IoT Digitisation (finding the secret sauce, business needs to insight delivery)
The advent of IoT Digitisation heralds the possibility of creating entirely new ways to build a direct and personal relationship with customers on one hand, and have the greatest level of individual product tracking on the other. The executive C-Suite understands the opportunity, but they are wholly un-informed on how to go about setting the data value initiative up for success. From their perspective, some think it is the same as a software product selection process. That is to evaluate different suppliers and pick the best one based on cost, terms, functionality and other key metrics. But, it’s more than just selecting a software product.
There is no doubting that the Technical Landscape of IoT and Big Data architectures that support storing of IoT data is a crowded one. The complexity of the technical landscape as well as the predominance of open source software has led to companies that take the leap into the digitisation / big data / IoT world having the challenge of building an extensive software development team. This is often a more than subtle transition to a software development world from their core business. So, the question of how best to manage this transition arises and a question of the differences between time to value versus effort to value in deriving the desired value from their data arises.
Having worked with many customers in the last 5 years in the analytics space, the two biggest determinants of a successful path to deriving value from data that I have seen are appropriate executive sponsorship and internal / external collaboration frameworks. The executive sponsorship is needed to ‘knock people’s heads together’ as an old Cork colleague of mine once said. The two heads being the IT department and the business function. The collaboration requirement is nuanced in that there may be several ways in which this can be achieved. Sufficient executive sponsorship together with employees and processes that support inter department integration and cooperation are fundamental to success.

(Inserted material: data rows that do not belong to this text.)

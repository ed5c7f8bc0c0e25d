-- ===== src/Usage/Counting.antt =====
-- The totals of pkg/usage: a counter's conversion of ticks, and a gauge's spans.
use sandboxer.Prelude.{
  ℕ, ◌+◌, ◌-◌, ◌*◌, ◌%◌, ◌^◌, ◌<◌, ◌≤◌, ◌≡◌, ◌≢◌, Option, none, some, ltb, leb, ◌==◌, if◌then◌else◌,
  ◌||◌, ◌&&◌, Bool, true, false, arith, ◌⊎◌, inl, inr, refl, max, Option-cases,
}
use sandboxer.Usage.Number.{
  Uint128, IsUint128, value, add, product, div, add64, average, add-value, product-value, div-value,
  div-IsUint128,
}
use sandboxer.Usage.Accumulate.{
  Counter, UsageError, overflow, second, convert, observe_counter, Gauge, Window, raise_peak, cover,
  extend, settle, ok, invalid_status, and_settle, or_overflow, observe_gauge, merge_window,
}

distribute : (t n q h r x : ℕ) → t ≡ n + q → q * h + r ≡ x → t * h + r ≡ n * h + x
distribute t n q h r x e d = rw e (omega arith)

convert-total :
    (source raw hertz delta : ℕ) (n : Counter) (failed : Option UsageError × Counter) (c' : Counter)
    → 0 < hertz
    → delta < 2 ^ 64
    → n.remainder < 2 ^ 64
    → IsUint128 n.known_total
    → failed.0 ≢ none
    → convert source raw hertz delta n failed ≡ (none, c')
    → (value c'.known_total * hertz + c'.remainder
        ≡ value n.known_total * hertz + n.remainder + delta * second)
      × (c'.remainder < hertz)
      × IsUint128 c'.known_total
      × (c'.last_raw ≡ raw)
      × (c'.hertz ≡ hertz)
unfolding convert
convert-total source raw hertz delta n failed c' pos small rest known fails e =
    let q = product delta second in
    let r : Uint128 = record { hi = 0; lo = n.remainder } in
    elim (Option-cases (add q r)) [
      | inl h ↦ absurd (ground (arith, fails, h))
      | inr (quantity, h) ↦ elim (Option-cases (add n.known_total (div quantity hertz).0)) [
        | inl k ↦ absurd (ground (arith, fails, h, k))
        | inr (total, k) ↦
            let p = product-value delta second small (omega arith) in
            let s = add-value q r quantity p.2 (omega arith, rest) h in
            let d = div-value quantity hertz pos in
            let t =
              add-value n.known_total (div quantity hertz).0 total known
                (div-IsUint128 quantity hertz s.1 pos) k in
            let m =
              distribute (value total) (value n.known_total) (value (div quantity hertz).0) hertz
                (div quantity hertz).1 (value quantity) t.0 d.0 in
            ground (arith, h, k, p, s, d, t, m)
      ]
    ]

-- A counter as Observe leaves it, with everything in range.
pub record IsCounter (c : Counter) : Type 0 where
  pub total : IsUint128 c.known_total
  pub raw : c.last_raw < 2 ^ 64
  pub rest : c.remainder < 2 ^ 64

-- No tick is lost to rounding: when Observe accepts a reading of the source it already follows, the
-- scale is unchanged and the reading has not decreased; the total in nanoseconds times the ticks a
-- second, plus the remainder, grows by exactly the new ticks times a second; and the remainder
-- stays below one tick.
pub observe_counter_exact :
    (source raw hertz : ℕ) (created : Bool) (c c' : Counter)
    → IsCounter c
    → raw < 2 ^ 64
    → hertz < 2 ^ 64
    → c.source_known ≡ true
    → c.source ≡ source
    → observe_counter source raw hertz created c ≡ (none, c')
    → (value c'.known_total * c'.hertz + c'.remainder
        ≡ value c.known_total * c.hertz + c.remainder + (raw - c.last_raw) * second)
      × (c.last_raw ≤ raw)
      × (c'.last_raw ≡ raw)
      × (c'.hertz ≡ c.hertz)
      × (c'.remainder < c.hertz)
      × IsCounter c'
unfolding observe_counter
observe_counter_exact source raw hertz created c c' w small scale known same e =
    let failed : Option UsageError × Counter = (some overflow, c) in
    let t =
      convert-total source raw hertz (raw - c.last_raw) c failed c' (ground arith) (omega arith)
        w.rest w.total (ground arith) in
    ground (arith, t, w.total, w.raw, w.rest)

-- What a gauge keeps between its totals.
pub record IsGauge (g : Gauge) : Type 0 where
  pub covered : g.covered_total ≤ g.span_total
  pub window_covered : g.window.covered ≤ g.window.span
  pub span : g.span_total < 2 ^ 64
  pub window_span : g.window.span < 2 ^ 64
  pub within : g.window.span ≤ g.span_total

raise_peak_lem :
    (v at : ℕ) (w : Window)
    → ((raise_peak v at w).covered ≡ w.covered) × ((raise_peak v at w).span ≡ w.span)
unfolding raise_peak
raise_peak_lem v at w = ground arith

-- What extending a gauge by an interval does to its spans, where it does not overflow.
record Extended (dt : ℕ) (g g' : Gauge) : Type 0 where
  spans : (g'.span_total ≡ g.span_total + dt) × (g'.window.span ≡ g.window.span + dt)
  fits : (g'.span_total < 2 ^ 64) × (g'.window.span < 2 ^ 64)
  covers :
      ((g'.covered_total ≡ g.covered_total) × (g'.window.covered ≡ g.window.covered))
      ⊎ ((g'.covered_total ≡ g.covered_total + dt) × (g'.window.covered ≡ g.window.covered + dt))

-- What covering an interval does to the totals, where it does not overflow.
cover_lem :
    (dt : ℕ) (g g' : Gauge)
    → cover dt g ≡ some g'
    → (g'.span_total ≡ g.span_total)
      × (g'.window.span ≡ g.window.span)
      × (g'.covered_total ≡ g.covered_total + dt)
      × (g'.window.covered ≡ g.window.covered + dt)
unfolding cover add64 raise_peak
cover_lem dt g g' e = ground arith

extend-Extended :
    (dt : ℕ) (counts : Bool) (g g' : Gauge) → extend dt counts g ≡ some g' → Extended dt g g'
unfolding extend add64
extend-Extended dt counts g g' e = ground (
  arith,
  cover_lem dt
      (record g {
        span_total = g.span_total + dt;
        window = record g.window { span = g.window.span + dt };
      })
      g',
)

settle_lem :
    (source at value status width : ℕ) (g g' : Gauge)
    → settle source at value status width g ≡ some g'
    → (g'.span_total ≡ g.span_total)
      × (g'.window.span ≡ g.window.span)
      × (g'.covered_total ≡ g.covered_total)
      × (g'.window.covered ≡ g.window.covered)
unfolding settle add64
settle_lem source at value status width g g' e = ground (arith, raise_peak_lem value at g.window)

-- The gauge keeps its totals in order, and an error leaves it as it was.
abbrev Kept : Gauge → Option UsageError × Gauge → Type 0
Kept g r = IsGauge r.1 × ((r.0 ≡ none) ⊎ (r.1 ≡ g))

or_overflow-Kept :
    (g : Gauge) (o : Option Gauge)
    → IsGauge g
    → ((n : Gauge) → o ≡ some n → IsGauge n)
    → Kept g (or_overflow g o)
or_overflow-Kept g none w h = (w, inr refl)
or_overflow-Kept g (some n) w h = (h n refl, inl refl)

and_settle-IsGauge :
    (source at value status width : ℕ) (o : Option Gauge)
    → ((n : Gauge) → o ≡ some n → IsGauge n)
    → (n : Gauge) → and_settle source at value status width o ≡ some n
    → IsGauge n
unfolding and_settle
and_settle-IsGauge source at value status width none h n e = absurd (ground arith)
and_settle-IsGauge source at value status width (some g) h n e =
    let w = h g refl in
    ground (
      arith,
      w.covered,
      w.window_covered,
      w.span,
      w.window_span,
      w.within,
      settle_lem source at value status width g n e,
    )

started-IsGauge :
    (dt : ℕ) (known counts : Bool) (g n : Gauge)
    → IsGauge g
    → (if known then extend dt counts g else some g) ≡ some n
    → IsGauge n
started-IsGauge dt true counts g n w e = ground (arith, w, extend-Extended dt counts g n e)
started-IsGauge dt false counts g n w e = ground (arith, w)

-- In every branch of Observe, the time a gauge has covered stays within the time it spans, in its
-- totals and in its window, the window's span stays within the total one, and no span wraps; and
-- where Observe returns an error, the gauge is what it was.
pub observe_gauge_lem :
    (source request at value status width interval : ℕ) (g : Gauge)
    → IsGauge g
    → IsGauge (observe_gauge source request at value status width interval g).1
      × (((observe_gauge source request at value status width interval g).0 ≡ none)
          ⊎ ((observe_gauge source request at value status width interval g).1 ≡ g))
unfolding observe_gauge
observe_gauge_lem source request at value given width interval g w =
    let n : Gauge = record g { last_request = request } in
    let status = if leb (2 ^ 63) width || ltb interval width then invalid_status else given in
    let dt = (at + 2 ^ 64 - g.last_at) % 2 ^ 64 in
    let counts = g.continuous && status == ok && leb dt (2 * interval) in
    let start = if g.position_known && source == g.source then extend dt counts n else some n in
    let done = or_overflow-Kept g (and_settle source at value status width start) w (
      and_settle-IsGauge source at value status width start (λ m e.
        started-IsGauge dt (g.position_known && source == g.source) counts n m (ground (arith, w))
          e)) in
    ground (arith, w, done)

-- mergeWindow, when it does not overflow, adds the areas, spans, covered times and samples of the two
-- windows exactly, takes the longer of the read windows, and keeps as peak a value that either
-- window knows and that no known peak exceeds.
pub merge_window_exact :
    (a b w : Window)
    → IsUint128 a.area
    → IsUint128 b.area
    → merge_window a b ≡ some w
    → (value w.area ≡ value a.area + value b.area)
      × (w.span ≡ a.span + b.span)
      × (w.covered ≡ a.covered + b.covered)
      × (w.samples ≡ a.samples + b.samples)
      × (w.max_read_window ≡ max a.max_read_window b.max_read_window)
      × (w.peak_known ≡ (a.peak_known || b.peak_known))
      × ((a.peak_known ≡ false) ⊎ (a.peak ≤ w.peak))
      × ((b.peak_known ≡ false) ⊎ (b.peak ≤ w.peak))
unfolding merge_window add64 raise_peak
merge_window_exact a b w u v e = elim (Option-cases (add a.area b.area)) [
  | inl h ↦ absurd (ground (arith, h))
  | inr (area, h) ↦ ground (arith, h, add-value a.area b.area area u v h)
]

-- Average is the floor of the area over the covered time, where the covered time is not zero and
-- the quotient fits 64 bits.
pub average_floor :
    (area : Uint128) (covered q : ℕ)
    → average area covered ≡ some q
    → (q * covered ≤ value area) × (value area < q * covered + covered)
unfolding average
average_floor area covered q e = ground (arith, div-value area covered)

A by-line that is often noted in this space is ‘Fail fast, fail often’. What does that mean, and is it something that senior executives want to go around saying? I try to explain this another way. You have a business question / problem or opportunity that you think can be answered by the data that your business creates or has access to. The quicker you can find out if the data will answer the question that better. I have built agile methodology’s to achieve this and I often say that those investigative initial projects have two successful outcomes. The first is that you find the insight / answer to your question that you were looking for. The second ‘successful’ outcome is that you don’t find the answer. Some might see that as a fail, but you have learned something. You need to change the question or get more data to answer the one you have. The quicker you can iterate through this process, the faster you can get the right answer to the right question.
Now, for some things that I think the IoT space in Ireland needs. The first is sufficient support for start-ups in the data analytics space. I was invited by the German-Irish chamber of commerce on an IoT study tour of companies, universities and research institutions in the Ruhr valley. On a visit to the CITEC University in Bielefeld, I heard how they give up to €50K worth of free support for start-up companies to take their research ideas to market. Ulrich Ruckert, their head of Cognitronics and Sensor Systems explained his reasoning. Companies pay taxes to the government, the government gives grants to the university to do it research so he feels an obligation on the universities to give something back to industry. What a great idea!
Another area that I think progress could be made is whether there is space for a better data science language? Language is used to convey ideas. Although I can readily see how using a principal component analysis on a wide data set, a logistic regression on a dependent variable of interest coupled with a decision tree model will help implement a predictive capability for managing that same dependent variable, does my business user understand what I am saying. A new language may not be needed, but we need more stories. This is the best way of conveying the value of data science techniques to potential business sponsors.